Task objective: Among the lines below, take the one holding "let s' = (admit_upload", the one holding "Outcome.not_put a b", and all lines between them. Set them down exactly.
Supplied data: Begin
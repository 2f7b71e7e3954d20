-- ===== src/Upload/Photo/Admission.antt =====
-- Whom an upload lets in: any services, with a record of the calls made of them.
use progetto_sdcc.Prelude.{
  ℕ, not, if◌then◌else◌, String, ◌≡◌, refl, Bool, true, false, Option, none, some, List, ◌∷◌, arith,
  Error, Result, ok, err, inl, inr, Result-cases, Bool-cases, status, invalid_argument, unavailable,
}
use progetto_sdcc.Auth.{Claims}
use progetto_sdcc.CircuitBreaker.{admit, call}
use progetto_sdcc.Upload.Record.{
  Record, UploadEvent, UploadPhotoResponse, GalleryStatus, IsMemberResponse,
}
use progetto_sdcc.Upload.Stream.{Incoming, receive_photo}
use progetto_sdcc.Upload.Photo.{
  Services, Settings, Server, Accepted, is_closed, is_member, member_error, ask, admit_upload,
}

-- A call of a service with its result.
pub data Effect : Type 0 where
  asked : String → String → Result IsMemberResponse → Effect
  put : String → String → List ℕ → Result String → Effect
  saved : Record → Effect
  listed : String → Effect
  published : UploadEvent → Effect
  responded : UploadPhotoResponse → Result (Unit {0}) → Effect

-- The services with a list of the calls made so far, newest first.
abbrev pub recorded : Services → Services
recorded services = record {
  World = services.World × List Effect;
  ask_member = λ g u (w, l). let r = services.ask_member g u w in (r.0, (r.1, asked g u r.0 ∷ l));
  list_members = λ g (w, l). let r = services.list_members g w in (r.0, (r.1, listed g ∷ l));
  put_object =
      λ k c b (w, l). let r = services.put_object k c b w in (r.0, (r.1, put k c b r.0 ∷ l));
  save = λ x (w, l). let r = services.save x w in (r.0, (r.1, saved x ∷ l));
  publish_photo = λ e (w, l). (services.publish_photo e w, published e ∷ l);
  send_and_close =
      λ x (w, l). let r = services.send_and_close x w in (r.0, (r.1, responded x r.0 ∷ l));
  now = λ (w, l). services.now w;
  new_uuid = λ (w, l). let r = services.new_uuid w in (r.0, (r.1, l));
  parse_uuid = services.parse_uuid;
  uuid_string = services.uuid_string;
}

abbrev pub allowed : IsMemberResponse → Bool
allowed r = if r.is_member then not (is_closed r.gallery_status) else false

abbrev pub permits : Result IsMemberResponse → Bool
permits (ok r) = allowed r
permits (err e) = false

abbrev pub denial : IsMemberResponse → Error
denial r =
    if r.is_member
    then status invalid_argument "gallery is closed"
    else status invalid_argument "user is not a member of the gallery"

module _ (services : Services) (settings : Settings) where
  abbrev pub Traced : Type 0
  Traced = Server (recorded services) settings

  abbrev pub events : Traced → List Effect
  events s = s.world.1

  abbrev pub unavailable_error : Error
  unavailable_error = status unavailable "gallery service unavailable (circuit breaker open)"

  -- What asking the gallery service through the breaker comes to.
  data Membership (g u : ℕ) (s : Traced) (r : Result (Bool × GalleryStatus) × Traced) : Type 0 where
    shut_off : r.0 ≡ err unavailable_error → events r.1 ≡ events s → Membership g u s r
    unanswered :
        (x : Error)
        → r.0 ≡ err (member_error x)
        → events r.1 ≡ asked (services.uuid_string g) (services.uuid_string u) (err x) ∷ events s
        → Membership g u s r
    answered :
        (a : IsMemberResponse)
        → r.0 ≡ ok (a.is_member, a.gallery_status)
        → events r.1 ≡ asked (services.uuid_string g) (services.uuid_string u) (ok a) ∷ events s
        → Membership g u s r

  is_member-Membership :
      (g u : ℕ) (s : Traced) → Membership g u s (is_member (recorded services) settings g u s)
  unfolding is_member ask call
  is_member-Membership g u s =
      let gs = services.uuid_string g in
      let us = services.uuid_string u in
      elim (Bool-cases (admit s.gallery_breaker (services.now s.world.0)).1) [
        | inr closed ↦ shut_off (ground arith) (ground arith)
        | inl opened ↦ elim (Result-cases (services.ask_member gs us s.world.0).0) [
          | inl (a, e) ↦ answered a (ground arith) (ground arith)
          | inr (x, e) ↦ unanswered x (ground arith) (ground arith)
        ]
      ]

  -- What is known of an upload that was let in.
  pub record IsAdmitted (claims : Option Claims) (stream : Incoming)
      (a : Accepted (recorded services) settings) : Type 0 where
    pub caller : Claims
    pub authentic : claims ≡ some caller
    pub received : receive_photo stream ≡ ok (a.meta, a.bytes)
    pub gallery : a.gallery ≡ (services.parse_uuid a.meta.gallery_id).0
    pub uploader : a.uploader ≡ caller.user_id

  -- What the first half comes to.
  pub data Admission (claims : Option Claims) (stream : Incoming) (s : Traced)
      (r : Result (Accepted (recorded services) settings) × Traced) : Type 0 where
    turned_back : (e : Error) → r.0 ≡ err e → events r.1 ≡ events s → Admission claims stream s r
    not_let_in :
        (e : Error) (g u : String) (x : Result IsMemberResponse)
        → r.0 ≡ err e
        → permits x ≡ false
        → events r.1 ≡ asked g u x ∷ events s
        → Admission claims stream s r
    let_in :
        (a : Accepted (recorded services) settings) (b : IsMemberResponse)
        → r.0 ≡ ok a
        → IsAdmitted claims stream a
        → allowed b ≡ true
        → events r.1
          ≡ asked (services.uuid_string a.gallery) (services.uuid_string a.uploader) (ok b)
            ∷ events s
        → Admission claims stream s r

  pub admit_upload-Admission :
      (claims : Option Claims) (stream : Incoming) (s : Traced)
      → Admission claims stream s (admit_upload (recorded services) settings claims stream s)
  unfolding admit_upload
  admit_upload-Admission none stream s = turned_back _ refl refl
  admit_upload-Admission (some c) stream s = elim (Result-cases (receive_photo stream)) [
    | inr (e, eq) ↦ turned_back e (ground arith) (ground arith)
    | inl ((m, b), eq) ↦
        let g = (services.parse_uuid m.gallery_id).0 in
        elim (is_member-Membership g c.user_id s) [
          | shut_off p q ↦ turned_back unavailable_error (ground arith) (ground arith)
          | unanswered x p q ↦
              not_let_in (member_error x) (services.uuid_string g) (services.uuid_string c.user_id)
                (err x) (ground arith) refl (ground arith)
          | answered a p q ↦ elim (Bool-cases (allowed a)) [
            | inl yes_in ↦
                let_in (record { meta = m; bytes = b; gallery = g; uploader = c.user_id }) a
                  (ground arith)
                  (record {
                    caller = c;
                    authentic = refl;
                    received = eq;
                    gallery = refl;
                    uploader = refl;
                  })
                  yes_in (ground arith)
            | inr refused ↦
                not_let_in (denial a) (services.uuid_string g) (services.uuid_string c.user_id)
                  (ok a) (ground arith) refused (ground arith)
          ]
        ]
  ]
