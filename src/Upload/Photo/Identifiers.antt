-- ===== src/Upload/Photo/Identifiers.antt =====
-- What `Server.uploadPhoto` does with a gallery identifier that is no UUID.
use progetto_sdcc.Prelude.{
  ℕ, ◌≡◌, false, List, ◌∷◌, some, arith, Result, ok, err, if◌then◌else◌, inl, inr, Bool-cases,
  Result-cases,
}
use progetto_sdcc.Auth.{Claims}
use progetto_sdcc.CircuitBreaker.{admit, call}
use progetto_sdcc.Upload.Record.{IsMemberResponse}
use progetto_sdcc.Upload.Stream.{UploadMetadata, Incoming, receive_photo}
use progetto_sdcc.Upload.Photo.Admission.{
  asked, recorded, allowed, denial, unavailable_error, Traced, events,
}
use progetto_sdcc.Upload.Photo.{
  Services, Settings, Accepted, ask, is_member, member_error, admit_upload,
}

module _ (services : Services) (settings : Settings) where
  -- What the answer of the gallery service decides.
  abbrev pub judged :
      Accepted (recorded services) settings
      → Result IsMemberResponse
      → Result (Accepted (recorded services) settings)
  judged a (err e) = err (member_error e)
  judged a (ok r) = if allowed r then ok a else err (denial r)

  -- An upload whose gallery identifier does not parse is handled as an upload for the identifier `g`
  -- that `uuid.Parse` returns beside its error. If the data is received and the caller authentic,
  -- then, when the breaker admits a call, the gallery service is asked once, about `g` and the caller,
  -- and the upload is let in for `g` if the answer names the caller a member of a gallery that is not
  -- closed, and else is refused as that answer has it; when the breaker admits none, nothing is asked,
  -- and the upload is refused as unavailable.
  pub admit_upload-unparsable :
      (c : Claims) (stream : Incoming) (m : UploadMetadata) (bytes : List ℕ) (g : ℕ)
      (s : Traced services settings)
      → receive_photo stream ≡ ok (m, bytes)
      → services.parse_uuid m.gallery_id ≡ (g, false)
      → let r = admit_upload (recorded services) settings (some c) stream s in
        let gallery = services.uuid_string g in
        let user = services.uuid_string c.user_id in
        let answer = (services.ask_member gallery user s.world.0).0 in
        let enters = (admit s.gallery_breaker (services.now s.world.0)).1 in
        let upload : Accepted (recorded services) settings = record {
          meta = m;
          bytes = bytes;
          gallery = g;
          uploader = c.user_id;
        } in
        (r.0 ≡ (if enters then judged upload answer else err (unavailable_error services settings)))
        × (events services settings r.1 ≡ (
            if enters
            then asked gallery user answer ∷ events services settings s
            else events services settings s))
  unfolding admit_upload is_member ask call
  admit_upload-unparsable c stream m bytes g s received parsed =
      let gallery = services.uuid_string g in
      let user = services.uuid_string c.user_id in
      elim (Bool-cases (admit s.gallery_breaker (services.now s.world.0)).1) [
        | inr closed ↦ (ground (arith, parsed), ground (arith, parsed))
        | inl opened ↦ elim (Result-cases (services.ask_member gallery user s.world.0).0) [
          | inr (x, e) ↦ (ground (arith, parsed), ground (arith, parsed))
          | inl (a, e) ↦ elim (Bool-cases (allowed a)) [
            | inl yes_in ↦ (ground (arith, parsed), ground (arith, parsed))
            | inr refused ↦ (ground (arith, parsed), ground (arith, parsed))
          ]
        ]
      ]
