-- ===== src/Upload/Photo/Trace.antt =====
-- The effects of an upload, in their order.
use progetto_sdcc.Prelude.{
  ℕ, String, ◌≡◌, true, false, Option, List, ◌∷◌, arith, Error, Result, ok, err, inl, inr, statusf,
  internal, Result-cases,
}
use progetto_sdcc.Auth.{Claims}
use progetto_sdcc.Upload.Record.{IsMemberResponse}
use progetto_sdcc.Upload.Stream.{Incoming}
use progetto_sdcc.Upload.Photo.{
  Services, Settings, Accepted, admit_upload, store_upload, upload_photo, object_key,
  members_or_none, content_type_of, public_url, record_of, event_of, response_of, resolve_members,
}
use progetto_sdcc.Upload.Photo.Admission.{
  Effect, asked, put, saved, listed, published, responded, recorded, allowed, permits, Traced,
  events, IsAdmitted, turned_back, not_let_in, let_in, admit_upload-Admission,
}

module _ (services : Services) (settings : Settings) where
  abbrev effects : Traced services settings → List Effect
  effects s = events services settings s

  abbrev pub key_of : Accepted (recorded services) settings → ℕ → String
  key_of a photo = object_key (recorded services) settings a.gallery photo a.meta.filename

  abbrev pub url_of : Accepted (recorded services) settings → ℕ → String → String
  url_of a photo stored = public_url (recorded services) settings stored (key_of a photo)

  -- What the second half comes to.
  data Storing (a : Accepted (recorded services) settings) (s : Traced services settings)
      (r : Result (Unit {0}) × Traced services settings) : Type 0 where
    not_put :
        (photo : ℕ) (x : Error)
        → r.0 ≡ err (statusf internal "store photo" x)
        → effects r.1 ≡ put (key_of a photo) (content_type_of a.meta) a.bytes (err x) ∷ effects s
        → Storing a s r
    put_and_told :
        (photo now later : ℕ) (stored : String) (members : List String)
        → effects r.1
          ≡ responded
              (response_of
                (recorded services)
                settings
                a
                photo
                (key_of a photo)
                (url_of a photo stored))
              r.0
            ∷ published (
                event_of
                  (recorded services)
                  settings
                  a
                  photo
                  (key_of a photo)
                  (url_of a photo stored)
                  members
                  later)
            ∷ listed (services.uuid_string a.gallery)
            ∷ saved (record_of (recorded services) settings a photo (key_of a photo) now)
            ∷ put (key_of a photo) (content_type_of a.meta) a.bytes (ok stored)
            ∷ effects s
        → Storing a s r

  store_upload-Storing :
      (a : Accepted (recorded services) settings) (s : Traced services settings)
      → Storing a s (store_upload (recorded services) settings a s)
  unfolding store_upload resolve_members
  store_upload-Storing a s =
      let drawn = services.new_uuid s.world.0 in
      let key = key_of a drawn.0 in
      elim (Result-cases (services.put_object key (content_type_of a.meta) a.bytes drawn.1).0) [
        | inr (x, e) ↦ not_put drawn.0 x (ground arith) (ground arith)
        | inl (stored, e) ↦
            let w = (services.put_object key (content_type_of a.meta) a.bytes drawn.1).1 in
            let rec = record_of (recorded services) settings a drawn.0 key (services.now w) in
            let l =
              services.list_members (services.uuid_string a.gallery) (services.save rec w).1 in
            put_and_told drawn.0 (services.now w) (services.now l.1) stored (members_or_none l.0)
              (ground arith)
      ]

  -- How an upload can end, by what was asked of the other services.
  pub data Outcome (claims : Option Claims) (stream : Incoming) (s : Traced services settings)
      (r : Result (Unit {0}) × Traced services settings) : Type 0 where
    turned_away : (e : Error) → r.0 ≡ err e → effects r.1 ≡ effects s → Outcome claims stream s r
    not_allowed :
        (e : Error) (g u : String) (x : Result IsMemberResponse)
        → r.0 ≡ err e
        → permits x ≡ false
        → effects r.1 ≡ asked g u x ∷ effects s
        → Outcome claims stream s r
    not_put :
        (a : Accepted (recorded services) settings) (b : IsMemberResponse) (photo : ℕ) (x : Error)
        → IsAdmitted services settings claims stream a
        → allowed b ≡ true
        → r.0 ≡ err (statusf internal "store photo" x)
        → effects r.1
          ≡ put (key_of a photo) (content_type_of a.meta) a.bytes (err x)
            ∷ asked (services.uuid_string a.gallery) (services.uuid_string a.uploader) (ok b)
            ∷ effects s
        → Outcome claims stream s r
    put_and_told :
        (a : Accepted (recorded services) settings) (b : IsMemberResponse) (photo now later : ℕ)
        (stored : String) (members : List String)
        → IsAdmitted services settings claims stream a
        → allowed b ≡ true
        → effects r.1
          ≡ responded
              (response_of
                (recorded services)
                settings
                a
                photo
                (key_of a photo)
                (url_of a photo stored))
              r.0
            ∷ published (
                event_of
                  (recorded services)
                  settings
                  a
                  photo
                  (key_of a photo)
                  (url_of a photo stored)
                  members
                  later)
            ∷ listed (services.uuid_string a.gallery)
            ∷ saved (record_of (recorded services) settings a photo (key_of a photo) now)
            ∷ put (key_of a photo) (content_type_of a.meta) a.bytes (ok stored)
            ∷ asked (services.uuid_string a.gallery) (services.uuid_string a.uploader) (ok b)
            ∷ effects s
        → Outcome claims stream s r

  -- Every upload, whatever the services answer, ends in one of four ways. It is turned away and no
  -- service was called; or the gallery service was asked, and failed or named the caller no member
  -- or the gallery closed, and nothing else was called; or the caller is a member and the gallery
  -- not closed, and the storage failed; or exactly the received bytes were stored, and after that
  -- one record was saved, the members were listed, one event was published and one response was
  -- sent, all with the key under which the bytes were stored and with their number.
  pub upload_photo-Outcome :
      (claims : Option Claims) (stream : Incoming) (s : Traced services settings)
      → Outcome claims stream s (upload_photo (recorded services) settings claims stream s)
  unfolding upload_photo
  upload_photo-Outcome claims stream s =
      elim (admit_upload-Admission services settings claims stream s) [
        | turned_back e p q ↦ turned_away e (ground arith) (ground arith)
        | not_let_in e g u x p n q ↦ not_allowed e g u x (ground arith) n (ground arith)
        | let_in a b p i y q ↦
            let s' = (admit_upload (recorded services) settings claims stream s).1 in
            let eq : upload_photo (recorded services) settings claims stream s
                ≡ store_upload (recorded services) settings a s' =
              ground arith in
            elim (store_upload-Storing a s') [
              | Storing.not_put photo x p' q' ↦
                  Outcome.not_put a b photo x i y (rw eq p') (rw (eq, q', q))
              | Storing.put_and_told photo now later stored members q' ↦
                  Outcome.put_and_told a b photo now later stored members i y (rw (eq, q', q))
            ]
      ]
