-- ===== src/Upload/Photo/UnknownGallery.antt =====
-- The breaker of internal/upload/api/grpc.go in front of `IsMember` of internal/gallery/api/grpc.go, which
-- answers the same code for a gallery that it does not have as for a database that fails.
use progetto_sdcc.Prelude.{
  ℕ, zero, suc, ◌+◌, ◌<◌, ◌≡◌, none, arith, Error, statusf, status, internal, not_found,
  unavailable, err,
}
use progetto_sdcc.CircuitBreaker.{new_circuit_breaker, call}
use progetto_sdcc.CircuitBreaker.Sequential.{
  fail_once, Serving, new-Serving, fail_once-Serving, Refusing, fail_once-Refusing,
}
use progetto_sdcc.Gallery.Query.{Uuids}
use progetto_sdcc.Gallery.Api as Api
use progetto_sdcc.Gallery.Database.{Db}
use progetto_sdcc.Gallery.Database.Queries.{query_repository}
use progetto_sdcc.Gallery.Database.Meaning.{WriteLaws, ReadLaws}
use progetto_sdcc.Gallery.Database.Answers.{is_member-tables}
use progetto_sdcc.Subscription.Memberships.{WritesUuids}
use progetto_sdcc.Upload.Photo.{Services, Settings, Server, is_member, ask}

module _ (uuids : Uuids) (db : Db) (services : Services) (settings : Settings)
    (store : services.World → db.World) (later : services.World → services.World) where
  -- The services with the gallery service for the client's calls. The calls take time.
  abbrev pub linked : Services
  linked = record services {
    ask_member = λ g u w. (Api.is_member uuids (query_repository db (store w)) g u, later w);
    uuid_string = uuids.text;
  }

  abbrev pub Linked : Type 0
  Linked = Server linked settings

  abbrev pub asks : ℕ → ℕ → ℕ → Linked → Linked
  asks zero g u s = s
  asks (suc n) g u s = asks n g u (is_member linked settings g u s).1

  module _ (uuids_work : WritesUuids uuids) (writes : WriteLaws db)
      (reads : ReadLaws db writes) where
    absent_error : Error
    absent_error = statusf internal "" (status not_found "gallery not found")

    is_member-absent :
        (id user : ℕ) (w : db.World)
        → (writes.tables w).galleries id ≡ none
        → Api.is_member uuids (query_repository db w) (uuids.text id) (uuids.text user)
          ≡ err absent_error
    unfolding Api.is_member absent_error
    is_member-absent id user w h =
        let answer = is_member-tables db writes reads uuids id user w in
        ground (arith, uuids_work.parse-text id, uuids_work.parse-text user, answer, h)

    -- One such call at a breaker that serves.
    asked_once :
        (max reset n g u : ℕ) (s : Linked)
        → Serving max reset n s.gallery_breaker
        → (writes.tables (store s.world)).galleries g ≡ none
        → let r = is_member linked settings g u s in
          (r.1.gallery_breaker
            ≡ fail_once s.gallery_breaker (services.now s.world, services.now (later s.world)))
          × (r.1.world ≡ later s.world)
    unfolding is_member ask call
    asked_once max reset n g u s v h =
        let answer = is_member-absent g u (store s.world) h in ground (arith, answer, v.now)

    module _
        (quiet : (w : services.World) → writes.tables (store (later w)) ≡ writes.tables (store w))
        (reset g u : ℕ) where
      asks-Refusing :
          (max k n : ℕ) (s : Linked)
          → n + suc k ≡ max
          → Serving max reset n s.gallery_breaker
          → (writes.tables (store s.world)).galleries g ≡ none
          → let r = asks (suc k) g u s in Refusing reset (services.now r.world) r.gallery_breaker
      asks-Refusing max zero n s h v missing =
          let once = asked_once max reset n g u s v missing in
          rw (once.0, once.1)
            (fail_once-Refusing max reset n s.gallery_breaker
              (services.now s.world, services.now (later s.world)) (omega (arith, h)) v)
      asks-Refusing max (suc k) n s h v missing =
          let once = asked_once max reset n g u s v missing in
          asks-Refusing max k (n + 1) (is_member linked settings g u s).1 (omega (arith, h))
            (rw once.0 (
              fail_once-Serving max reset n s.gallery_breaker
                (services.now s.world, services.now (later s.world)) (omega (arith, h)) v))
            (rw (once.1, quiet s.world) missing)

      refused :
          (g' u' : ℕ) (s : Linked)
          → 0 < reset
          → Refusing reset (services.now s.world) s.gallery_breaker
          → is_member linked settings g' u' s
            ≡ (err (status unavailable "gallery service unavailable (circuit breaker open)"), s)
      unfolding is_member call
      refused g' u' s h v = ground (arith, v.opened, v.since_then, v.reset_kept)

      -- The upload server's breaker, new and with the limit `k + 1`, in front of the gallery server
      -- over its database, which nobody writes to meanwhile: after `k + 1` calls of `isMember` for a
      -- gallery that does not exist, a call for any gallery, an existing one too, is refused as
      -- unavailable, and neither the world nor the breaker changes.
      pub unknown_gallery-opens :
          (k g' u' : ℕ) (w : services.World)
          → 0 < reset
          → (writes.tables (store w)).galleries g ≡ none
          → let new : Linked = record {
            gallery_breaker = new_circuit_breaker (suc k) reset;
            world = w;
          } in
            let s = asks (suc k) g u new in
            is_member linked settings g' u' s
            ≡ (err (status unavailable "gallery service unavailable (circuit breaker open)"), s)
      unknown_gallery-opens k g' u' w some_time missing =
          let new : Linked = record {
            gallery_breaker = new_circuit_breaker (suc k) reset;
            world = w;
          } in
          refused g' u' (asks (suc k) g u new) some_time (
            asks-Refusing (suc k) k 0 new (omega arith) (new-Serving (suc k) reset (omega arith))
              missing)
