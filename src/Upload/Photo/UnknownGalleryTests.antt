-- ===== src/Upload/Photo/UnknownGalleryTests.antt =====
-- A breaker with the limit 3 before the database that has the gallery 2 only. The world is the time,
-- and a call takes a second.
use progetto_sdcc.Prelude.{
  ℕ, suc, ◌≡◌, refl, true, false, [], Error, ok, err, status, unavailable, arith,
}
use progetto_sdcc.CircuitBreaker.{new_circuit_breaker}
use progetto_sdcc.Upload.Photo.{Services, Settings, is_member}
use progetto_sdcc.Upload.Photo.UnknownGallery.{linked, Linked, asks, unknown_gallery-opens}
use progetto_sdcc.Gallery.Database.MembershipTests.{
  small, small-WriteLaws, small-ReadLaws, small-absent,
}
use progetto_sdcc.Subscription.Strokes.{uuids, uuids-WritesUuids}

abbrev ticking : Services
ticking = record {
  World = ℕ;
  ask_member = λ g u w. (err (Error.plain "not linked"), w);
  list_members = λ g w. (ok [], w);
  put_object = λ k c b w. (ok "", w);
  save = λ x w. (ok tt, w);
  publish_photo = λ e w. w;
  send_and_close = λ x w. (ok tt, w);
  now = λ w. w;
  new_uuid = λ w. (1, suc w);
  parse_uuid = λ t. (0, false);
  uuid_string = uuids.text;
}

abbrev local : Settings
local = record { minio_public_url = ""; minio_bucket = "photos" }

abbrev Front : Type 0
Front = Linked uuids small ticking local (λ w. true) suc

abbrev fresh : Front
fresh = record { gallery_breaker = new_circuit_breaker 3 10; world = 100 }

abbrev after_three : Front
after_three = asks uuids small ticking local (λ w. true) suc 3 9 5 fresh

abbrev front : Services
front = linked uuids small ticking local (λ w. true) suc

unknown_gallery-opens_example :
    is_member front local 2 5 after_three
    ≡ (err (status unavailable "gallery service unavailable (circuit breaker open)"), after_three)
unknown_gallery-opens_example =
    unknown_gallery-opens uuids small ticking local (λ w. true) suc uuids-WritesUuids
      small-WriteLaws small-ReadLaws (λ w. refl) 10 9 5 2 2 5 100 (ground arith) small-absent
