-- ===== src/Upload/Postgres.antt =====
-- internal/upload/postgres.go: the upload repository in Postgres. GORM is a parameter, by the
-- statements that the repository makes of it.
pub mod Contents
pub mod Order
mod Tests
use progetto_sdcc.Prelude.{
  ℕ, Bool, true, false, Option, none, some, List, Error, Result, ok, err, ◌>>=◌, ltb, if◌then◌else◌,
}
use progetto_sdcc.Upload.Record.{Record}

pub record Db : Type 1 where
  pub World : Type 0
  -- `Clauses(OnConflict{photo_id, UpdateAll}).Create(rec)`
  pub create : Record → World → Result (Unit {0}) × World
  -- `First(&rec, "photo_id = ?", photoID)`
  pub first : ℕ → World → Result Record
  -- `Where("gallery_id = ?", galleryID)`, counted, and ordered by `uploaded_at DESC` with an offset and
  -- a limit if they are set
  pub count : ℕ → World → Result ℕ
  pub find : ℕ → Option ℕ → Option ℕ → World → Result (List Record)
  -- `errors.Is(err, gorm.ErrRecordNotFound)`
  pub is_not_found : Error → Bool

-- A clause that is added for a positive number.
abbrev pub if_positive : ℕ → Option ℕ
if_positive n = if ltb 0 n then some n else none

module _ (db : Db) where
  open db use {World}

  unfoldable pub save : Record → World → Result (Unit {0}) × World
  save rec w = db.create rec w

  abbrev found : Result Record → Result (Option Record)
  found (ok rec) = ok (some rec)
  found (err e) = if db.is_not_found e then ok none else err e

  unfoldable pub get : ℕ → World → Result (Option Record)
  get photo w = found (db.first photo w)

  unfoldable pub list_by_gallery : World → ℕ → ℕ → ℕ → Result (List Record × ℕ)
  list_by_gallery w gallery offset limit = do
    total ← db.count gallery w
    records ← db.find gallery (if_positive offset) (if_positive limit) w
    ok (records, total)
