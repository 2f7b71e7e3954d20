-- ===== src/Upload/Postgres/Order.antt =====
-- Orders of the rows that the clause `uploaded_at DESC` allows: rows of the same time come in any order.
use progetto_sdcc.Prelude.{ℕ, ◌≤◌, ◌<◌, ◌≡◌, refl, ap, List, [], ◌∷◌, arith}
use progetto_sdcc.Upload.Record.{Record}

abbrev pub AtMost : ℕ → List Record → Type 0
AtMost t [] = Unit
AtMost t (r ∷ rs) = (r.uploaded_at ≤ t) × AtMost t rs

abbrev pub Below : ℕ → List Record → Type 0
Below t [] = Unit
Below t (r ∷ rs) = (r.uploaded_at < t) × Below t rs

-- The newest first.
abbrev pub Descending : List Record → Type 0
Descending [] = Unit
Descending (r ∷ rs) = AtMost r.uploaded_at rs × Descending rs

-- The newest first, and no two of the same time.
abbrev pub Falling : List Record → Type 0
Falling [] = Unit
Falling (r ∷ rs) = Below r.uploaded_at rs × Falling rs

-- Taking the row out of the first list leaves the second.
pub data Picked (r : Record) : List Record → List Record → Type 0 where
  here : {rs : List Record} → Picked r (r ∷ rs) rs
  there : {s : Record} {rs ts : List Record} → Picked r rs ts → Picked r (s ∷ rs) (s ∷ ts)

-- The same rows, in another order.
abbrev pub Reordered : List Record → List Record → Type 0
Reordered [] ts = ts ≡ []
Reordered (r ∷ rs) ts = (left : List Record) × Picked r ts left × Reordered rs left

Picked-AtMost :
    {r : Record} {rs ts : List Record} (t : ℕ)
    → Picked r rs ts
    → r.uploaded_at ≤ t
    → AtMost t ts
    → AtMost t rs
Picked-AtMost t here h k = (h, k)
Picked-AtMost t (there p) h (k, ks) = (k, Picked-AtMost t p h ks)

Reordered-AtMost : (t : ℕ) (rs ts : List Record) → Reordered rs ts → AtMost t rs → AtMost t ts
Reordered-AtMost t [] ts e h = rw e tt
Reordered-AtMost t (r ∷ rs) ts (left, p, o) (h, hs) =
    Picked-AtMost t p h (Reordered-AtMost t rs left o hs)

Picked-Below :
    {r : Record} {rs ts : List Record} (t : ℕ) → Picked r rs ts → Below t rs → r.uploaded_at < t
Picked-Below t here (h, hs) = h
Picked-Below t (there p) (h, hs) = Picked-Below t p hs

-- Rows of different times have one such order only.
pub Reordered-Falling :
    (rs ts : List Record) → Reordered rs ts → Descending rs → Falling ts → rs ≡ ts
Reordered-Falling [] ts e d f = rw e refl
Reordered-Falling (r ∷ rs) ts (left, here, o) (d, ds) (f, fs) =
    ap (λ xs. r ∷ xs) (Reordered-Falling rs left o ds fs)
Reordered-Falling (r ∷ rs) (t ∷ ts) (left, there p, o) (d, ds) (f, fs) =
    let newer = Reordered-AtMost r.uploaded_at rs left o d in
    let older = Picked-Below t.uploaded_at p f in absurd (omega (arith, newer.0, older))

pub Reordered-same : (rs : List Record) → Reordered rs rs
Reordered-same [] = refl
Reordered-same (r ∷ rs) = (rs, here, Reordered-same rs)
Supplied data: End
Reply:
            let s' = (admit_upload (recorded services) settings claims stream s).1 in
            let eq : upload_photo (recorded services) settings claims stream s
                ≡ store_upload (recorded services) settings a s' =
              ground arith in
            elim (store_upload-Storing a s') [
              | Storing.not_put photo x p' q' ↦
                  Outcome.not_put a b photo x i y (rw eq p') (rw (eq, q', q))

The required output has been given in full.